Deswegen mag ich keine Hardware mit LEDs.
Ich hatte bis vor ein paar Tagen auch beleuchteten Arbeitsspeicher (Klevv Cras), bei dem nach ein paar Monaten die Beleuchtung eines Riegels komplett ausgefallen ist.

Ist halt einfach ärgerlich, wenn Hardware zwar funktioniert, man sie aber wegen so einem Defekt trotzdem austauschen möchte.


----------



## Noxxphox (15. Februar 2017)

dürfte die led defekt sein oder falsch angesteuert werden. sollte noch in garantie sein dann umtauschen.
ich persönlich halte von dem ganzen bling bling ja nix, ich würde mir nen kit ohne kaufen oder wenn das mit billiger ist die leds deaktivieren. das geleichte würd mich nur nerven.


----------



## Stormaniak (16. Februar 2017)

vielen dank für die antworten

werde sie zurückschicken, hoffentlich hab ich das nächste mal mehr glück


----------



## Timathy1337 (19. Februar 2017)

Servus an alle 

Ich dachte ich Antworte mal hier da ich ein Problem mit genau dem selben Ram habe.
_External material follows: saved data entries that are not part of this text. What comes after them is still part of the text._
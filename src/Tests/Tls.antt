-- ===== src/Tests/Tls.antt =====
-- TLS settings on small examples.
use herrscher_transport.Prelude.{ℕ, ◌≡◌, refl, ◌≢◌, String, true, none, some, arith, eq_iff}
use herrscher_transport.Errors.{ok}
use herrscher_transport.Tls.{TlsConfig, Files, Credentials, server_credentials, version_tls12}
use herrscher_transport.Tls.FailClosed.{IsMutual, server_credentials_sound}

abbrev whole : TlsConfig
whole = record { ca_file_name = "ca"; cert_file = "cert"; key_file = "key" }

abbrev part : TlsConfig
part = record { ca_file_name = "ca"; cert_file = ""; key_file = "" }

abbrev files : Files ℕ
files = record {
  Certificate = String;
  Pem = ℕ;
  Pool = ℕ;
  load_key_pair = λ cert key. ok cert;
  read_file = λ file. ok 3;
  certs_from_pem = λ pem. some pem;
}

abbrev built : Credentials files
built = record {
  certificate = "cert";
  client_cas = some 3;
  root_cas = none;
  require_and_verify_client_cert = true;
  min_version = version_tls12 files;
}

server_credentials_sound_example :
    IsMutual whole
    × (files.load_key_pair "cert" "key" ≡ ok built.certificate)
    × ((pem : ℕ) × (files.read_file "ca" ≡ ok pem) × (files.certs_from_pem pem ≡ built.client_cas))
    × (built.client_cas ≢ none)
    × (built.require_and_verify_client_cert ≡ true)
    × (built.min_version ≡ version_tls12 files)
unfolding server_credentials
server_credentials_sound_example = server_credentials_sound files whole built refl

ca_set : ◌≢◌ {A = String} "ca" ""
ca_set e = ground (arith, eq_iff "ca" "")
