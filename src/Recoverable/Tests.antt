-- ===== src/Recoverable/Tests.antt =====
-- Turns of the recoverable producer's loop with a fatal error.
use modern_cpp_kafka.Containers.Map.{contains, insert}
use modern_cpp_kafka.Prelude.{
  List, ◌+◌, text_lt, ℤ, pos, arith, ◌≡◌, refl, true, false, none, some, [], ◌∷◌,
}
use modern_cpp_kafka.Outcome.{no_error, fail, invalid_arg, Outcome, ok, throw, kafka_error}
use modern_cpp_kafka.Properties.{PropertiesMap, put, str, get_property}
use modern_cpp_kafka.StdText.{to_string}
use modern_cpp_kafka.Error.{Error, with_message}
use modern_cpp_kafka.Producer.{KafkaProducer}
use modern_cpp_kafka.Recoverable.{KafkaRecoverableProducer, Turn, turn, turns}
use modern_cpp_kafka.Producer.Configure
use modern_cpp_kafka.Recoverable.Replaced.{replacements, Ends, turns-replaced}
use modern_cpp_kafka.Client.{
  KafkaClient, set_log_level as client_set_log_level, RdKafka, put_default,
  validate_and_reform_properties,
}
use modern_cpp_kafka.Client.Setup.{fetch}
use modern_cpp_kafka.Recoverable.Operations.{set_log_level}
use modern_cpp_kafka.Recoverable.Operations.LogLevel.{create, IsTaken, set_log_level-terminates}

abbrev fresh : KafkaProducer
fresh = record {
  opened = true;
  auto_polling = false;
  next = 0;
  held = [];
  freed = [];
  delivered = [];
  produced = [];
  purged = 0;
}

abbrev create_fresh : PropertiesMap → Outcome KafkaProducer
create_fresh p = ok fresh

abbrev recoverable : KafkaRecoverableProducer
recoverable = record {
  properties = [];
  fatal_error = none;
  polling = true;
  producer = some fresh;
  closed = [];
}

abbrev fatal_error : Error
fatal_error = with_message fail "fenced" true

abbrev quiet : Turn
quiet = record {
  reports = [];
  error = none;
  stop = false;
  flush = no_error;
  flush_reports = [];
  last_reports = [];
  closing_error = none;
}

abbrev met_fatal_error : Turn
met_fatal_error = record quiet { error = some fatal_error }

-- The second turn has the error that the first one meets in closing.
abbrev some_turns : List Turn
some_turns =
    record met_fatal_error { closing_error = some fatal_error }
    ∷ quiet
    ∷ quiet
    ∷ record met_fatal_error { stop = true }
    ∷ []

twice : replacements false some_turns ≡ 2
unfolding replacements
twice = refl

turns-replaced_example :
    (q : KafkaRecoverableProducer) × (turns create_fresh some_turns recoverable ≡ ok q)
    × Ends [] (replacements false some_turns + 0) q
turns-replaced_example = turns-replaced create_fresh fresh fresh some_turns recoverable refl refl tt

abbrev set_nothing : ℤ → KafkaProducer → KafkaProducer
set_nothing level producer = producer

abbrev with_servers : KafkaRecoverableProducer
with_servers = record recoverable { properties = ("bootstrap.servers", str "b:9092") ∷ [] }

-- The producer whose level was set to 9.
abbrev louder : KafkaRecoverableProducer × Outcome (Unit {0})
louder = set_log_level set_nothing (pos 9) with_servers

abbrev reformed : PropertiesMap
reformed =
    ("bootstrap.servers", str "b:9092")
    ∷ ("client.id", str "r")
    ∷ ("log_level", str (to_string (pos 9)))
    ∷ []

louder-IsTaken : IsTaken "r" louder.0.properties
unfolding set_log_level put put_default validate_and_reform_properties fetch get_property contains
    insert text_lt Configure.validate_and_reform_properties
louder-IsTaken = (reformed, refl, (none, refl))

abbrev rk : RdKafka
rk = record {
  conf_set = λ k v. true;
  add_on_new = no_error;
  last_error = no_error;
  brokers_add = λ s. 1;
}

set_log_level-terminates_example :
    (louder.1 ≡ ok tt)
    × ((c : KafkaClient) → (client_set_log_level (pos 9) c).log_level ≡ pos 7)
    × (get_property "log_level" louder.0.properties ≡ some (to_string (pos 9)))
    × (turn (create rk "r" (λ c. ok fresh)) (record quiet { error = some fatal_error }) louder.0
        ≡ throw (kafka_error invalid_arg))
set_log_level-terminates_example =
    set_log_level-terminates rk "r" (λ c. ok fresh) set_nothing 9
      (record quiet { error = some fatal_error }) with_servers fresh fatal_error (omega arith)
      (omega arith) refl refl refl refl louder-IsTaken
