-- ===== src/Recoverable/Turns.antt =====
-- The poll thread of the recoverable producer.
use modern_cpp_kafka.Prelude.{◌≡◌, refl, true, false, Option, none, some, ◌∷◌, arith}
use modern_cpp_kafka.Outcome.{Outcome, ok}
use modern_cpp_kafka.Properties.{PropertiesMap}
use modern_cpp_kafka.Error.{Error, is_fatal, copy}
use modern_cpp_kafka.Producer.{KafkaProducer, poll_callbacks, close}
use modern_cpp_kafka.Recoverable.{
  KafkaRecoverableProducer, Turn, error_cb, purge, replace, recover, turn,
}

-- No error that a callback is given is fatal.
abbrev pub NotFatal : Option Error → Type 0
NotFatal none = Unit
NotFatal (some e) = is_fatal e ≡ false

error_cb-NotFatal :
    (o : Option Error) (p : KafkaRecoverableProducer) → NotFatal o → error_cb o p ≡ p
error_cb-NotFatal none p h = refl
error_cb-NotFatal (some e) p h = ground (arith, h)

-- A turn that serves a fatal error, is not asked to stop, can make a producer, and meets no fatal
-- error in closing, closes the old producer after a purge, goes on with the one made of the same
-- properties, and leaves no error.
turn_recovers :
    (create : PropertiesMap → Outcome KafkaProducer) (t : Turn) (p : KafkaRecoverableProducer)
    (old fresh : KafkaProducer) (e : Error)
    → p.producer ≡ some old
    → t.error ≡ some e
    → is_fatal e ≡ true
    → t.stop ≡ false
    → create p.properties ≡ ok fresh
    → NotFatal t.closing_error
    → turn create t p
      ≡ ok (record p {
        fatal_error = none;
        producer = some fresh;
        closed =
            close t.flush t.flush_reports t.last_reports (purge (poll_callbacks t.reports old))
            ∷ p.closed;
      })
unfolding turn recover replace
turn_recovers create t p old fresh e ho he hf hs hc hn = ground (
  arith,
  ho,
  he,
  hf,
  hs,
  hc,
  error_cb-NotFatal t.closing_error (record p { fatal_error = none }) hn,
)

-- A turn that meets no fatal error, where none is left over, only polls.
pub turn_polls :
    (create : PropertiesMap → Outcome KafkaProducer) (t : Turn) (p : KafkaRecoverableProducer)
    (old : KafkaProducer)
    → p.producer ≡ some old
    → p.fatal_error ≡ none
    → NotFatal t.error
    → turn create t p ≡ ok (record p { producer = some (poll_callbacks t.reports old) })
unfolding turn recover
turn_polls create t p old ho hf hn = ground (arith, ho, hf, error_cb-NotFatal t.error p hn)

-- A turn that serves a fatal error, is not asked to stop, can make a producer, and serves another
-- fatal error in closing, goes on with the new producer and with that error recorded.
pub turn_blames_fresh :
    (create : PropertiesMap → Outcome KafkaProducer) (t : Turn) (p : KafkaRecoverableProducer)
    (old fresh : KafkaProducer) (e late : Error)
    → p.producer ≡ some old
    → t.error ≡ some e
    → is_fatal e ≡ true
    → t.stop ≡ false
    → create p.properties ≡ ok fresh
    → t.closing_error ≡ some late
    → is_fatal late ≡ true
    → (q : KafkaRecoverableProducer) × (turn create t p ≡ ok q)
      × (q.producer ≡ some fresh)
      × (q.fatal_error ≡ some (copy late))
unfolding turn recover replace
turn_blames_fresh create t p old fresh e late ho he hf hs hc hl hg = (
  record p {
    fatal_error = some (copy late);
    producer = some fresh;
    closed =
        close t.flush t.flush_reports t.last_reports (purge (poll_callbacks t.reports old))
        ∷ p.closed;
  },
  ground (arith, ho, he, hf, hs, hc, hl, hg),
  refl,
  refl,
)

-- After it, a turn that meets no error at all purges that producer and replaces it.
pub turn_replaces_fresh :
    (create : PropertiesMap → Outcome KafkaProducer) (t : Turn) (q : KafkaRecoverableProducer)
    (fresh next : KafkaProducer) (late : Error)
    → q.producer ≡ some fresh
    → q.fatal_error ≡ some late
    → t.error ≡ none
    → t.stop ≡ false
    → create q.properties ≡ ok next
    → NotFatal t.closing_error
    → turn create t q
      ≡ ok (record q {
        fatal_error = none;
        producer = some next;
        closed =
            close t.flush t.flush_reports t.last_reports (purge (poll_callbacks t.reports fresh))
            ∷ q.closed;
      })
unfolding turn recover replace
turn_replaces_fresh create t q fresh next late ho hl he hs hc hn = ground (
  arith,
  ho,
  hl,
  he,
  hs,
  hc,
  error_cb-NotFatal t.closing_error (record q { fatal_error = none }) hn,
)
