-- ===== src/StdText/Settles.antt =====
-- Reading a number ends, in a value or an exception.
use Prim.Native.Char.{code}
use modern_cpp_kafka.Prelude.{ℕ, String, Bool, true, false, Option, none, some, ltb, leb, ◌==◌, ◌^◌}
use modern_cpp_kafka.Outcome.{Settles, Settles-if}
use modern_cpp_kafka.StdText.{is_space, to_int, read_number, read_signed, stoi}

to_int-Settles : (negative : Bool) (n : Option ℕ) → Settles (to_int negative n)
to_int-Settles true none = tt
to_int-Settles false none = tt
to_int-Settles true (some n) = Settles-if (n == 0) _ _ tt (Settles-if (leb n (2 ^ 31)) _ _ tt tt)
to_int-Settles false (some n) = Settles-if (ltb n (2 ^ 31)) _ _ tt tt

read_signed-Settles : (s : String) → Settles (read_signed s)
unfolding read_signed
read_signed-Settles String.[] = tt
read_signed-Settles (String.◌∷◌ c s) =
    Settles-if (code c == 45) _ _ (to_int-Settles true (read_number s)) (
      Settles-if (code c == 43) _ _ (to_int-Settles false (read_number s))
        (to_int-Settles false (read_number (String.◌∷◌ c s))))

pub stoi-Settles : (s : String) → Settles (stoi s)
unfolding stoi
stoi-Settles String.[] = tt
stoi-Settles (String.◌∷◌ c s) =
    Settles-if (is_space c) _ _ (stoi-Settles s) (read_signed-Settles (String.◌∷◌ c s))
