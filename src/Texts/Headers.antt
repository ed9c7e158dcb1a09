-- ===== src/Texts/Headers.antt =====
-- include/kafka/ConsumerRecord.h: the headers of a record, which librdkafka gives one by one.
use modern_cpp_kafka.Prelude.{
  ℕ, zero, suc, ◌+◌, ◌≡◌, String, true, Option, none, some, List, [], ◌∷◌, if◌then◌else◌, arith,
  length, ap, ◌∙◌, get_elem?,
}
use modern_cpp_kafka.Outcome.{RespErr, no_error, is_error, Outcome, ok, ◌>>=◌}
use modern_cpp_kafka.Texts.{ConstBuffer}

-- `Header::Value()`
abbrev pub null_value : ConstBuffer
null_value = record { is_null = true; bytes = [] }

-- The loop of `headers` from the header `i`: `get_all` is rd_kafka_header_get_all, with `none` where it
-- returns an error.
unfoldable pub headers_loop :
    (ℕ → Option (String × ConstBuffer)) → ℕ → ℕ → Outcome (List (String × ConstBuffer))
headers_loop get_all zero i = Outcome.out_of_fuel
headers_loop get_all (suc fuel) i =
    let rest = headers_loop get_all fuel (suc i) in
    elim (get_all i) [ none ↦ ok [] | some header ↦ rest >>= λ hs. ok (header ∷ hs) ]

-- `headers`: `err` is the answer to rd_kafka_message_headers.
unfoldable pub headers :
    RespErr → (ℕ → Option (String × ConstBuffer)) → ℕ → Outcome (List (String × ConstBuffer))
unfolding headers_loop
headers err get_all fuel = if is_error err then ok [] else headers_loop get_all fuel 0

-- `lastHeaderValue`: `get_last` is rd_kafka_header_get_last.
unfoldable pub last_header_value : RespErr → (String → RespErr × ConstBuffer) → String → ConstBuffer
last_header_value err get_last key =
    if is_error err
    then null_value
    else if is_error (get_last key).0
    then null_value
    else (get_last key).1

-- What is read from the place after `before`.
headers_loop_lem :
    (get_all : ℕ → Option (String × ConstBuffer)) (hs : List (String × ConstBuffer)) (i : ℕ)
    → ((j : ℕ) → get_all (i + j) ≡ get_elem? hs j)
    → headers_loop get_all (suc (length hs)) i ≡ ok hs
unfolding headers_loop
headers_loop_lem get_all [] i h =
    let here : i ≡ i + 0 = omega arith in ground (arith, ap get_all here ∙ h 0)
headers_loop_lem get_all (x ∷ hs) i h =
    let here : i ≡ i + 0 = omega arith in
    let rest = headers_loop_lem get_all hs (suc i) (λ j. later j) in
    ground (arith, ap get_all here ∙ h 0, rest)
  where
    later : (j : ℕ) → get_all (suc i + j) ≡ get_elem? hs j
    later j = let next : suc i + j ≡ i + suc j = omega arith in ap get_all next ∙ h (suc j)

-- Where librdkafka gives the headers of a list by their places, the loop ends and returns that list.
pub headers_lem :
    (get_all : ℕ → Option (String × ConstBuffer)) (hs : List (String × ConstBuffer))
    → ((j : ℕ) → get_all j ≡ get_elem? hs j)
    → headers no_error get_all (suc (length hs)) ≡ ok hs
unfolding headers
headers_lem get_all hs h =
    headers_loop_lem get_all hs 0
      (λ j. (let same : 0 + j ≡ j = omega arith in ap get_all same ∙ h j))
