-- ===== src/Texts/Metadata.antt =====
-- include/kafka/BrokerMetadata.h: the texts of nodes, partitions and a topic's metadata.
use modern_cpp_kafka.Prelude.{
  String, ℤ, Bool, true, false, none, some, List, [], ◌∷◌, if◌then◌else◌, int_ord,
}
use modern_cpp_kafka.StdText.{to_string}
use modern_cpp_kafka.Containers.Map.{Map, find}
use modern_cpp_kafka.Types.{Partition}
use modern_cpp_kafka.Client.Metadata.{Node, PartitionInfo, BrokerMetadata}
use modern_cpp_kafka.Texts.{◌<>◌}

-- Node::toString
unfoldable pub show_node : Node → String
show_node n = n.host <> ":" <> to_string n.port <> "/" <> to_string n.id

unfoldable pub get_node_description : BrokerMetadata → ℤ → String
get_node_description m id = elim (find id m.nodes) [
  | none ↦ "-:-/" <> to_string id
  | some n ↦ n.host <> ":" <> to_string n.port <> "/" <> to_string id
]

-- The loop of `streamNodes`.
unfoldable pub stream_nodes : BrokerMetadata → Bool → List ℤ → String
unfolding get_node_description
stream_nodes m is_the_first [] = ""
stream_nodes m is_the_first (id ∷ ids) =
    (if is_the_first then "" else ", ") <> get_node_description m id <> stream_nodes m false ids

-- toString(const PartitionInfo&)
unfoldable pub show_partition_info : BrokerMetadata → PartitionInfo → String
unfolding stream_nodes
show_partition_info m p =
    "leader["
    <> get_node_description m p.leader
    <> "], replicas["
    <> stream_nodes m true p.replicas
    <> "], inSyncReplicas["
    <> stream_nodes m true p.in_sync_replicas
    <> "]"

unfoldable pub stream_partitions : BrokerMetadata → Bool → Map Partition PartitionInfo → String
unfolding show_partition_info
stream_partitions m is_the_first [] = ""
stream_partitions m is_the_first ((partition, info) ∷ ps) =
    (if is_the_first then "" else "; ")
    <> to_string partition
    <> ": "
    <> show_partition_info m info
    <> stream_partitions m false ps

-- BrokerMetadata::toString
unfoldable pub show_metadata : BrokerMetadata → String
unfolding stream_partitions
show_metadata m =
    "originatingNode["
    <> m.orig_node_name
    <> "], topic["
    <> m.topic
    <> "], partitions{"
    <> stream_partitions m true m.partitions
    <> "}"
Bei mir will mit dem gleichen Setup mein Pc nicht starten sondern es leuchtet die Ram warnungs led konstant und es passiert gar nichts

Mfg


----------



## Noxxphox (19. Februar 2017)

eigenen thread aufmachen da andere threads übernehmen eher unhöflich ist ne.
wenn alles vorher lief könnte der ram defekt sein. teste die module einzeln in allen bänken. alternativ inkompatibelnwas aber heutzutage unglaublich selten vorkommt, und wenn durch nen biosupdate meistens behebbar ist.


----------



## Timathy1337 (19. Februar 2017)

Hab mal einen eigenen Thread aufgemacht sry


----------



## Stormaniak (5. April 2017)

update: nach dem dritten kit mit rgbs von gskill, geb ichs nun auf! kein kit war fehlerlos , wohlgesagt die rgbs waren immer defekt fehlerhaft etc
geil evo x eingebaut, mit kabel die rgbs steuern über aura sync led header und ruhe ist.

mfg


----------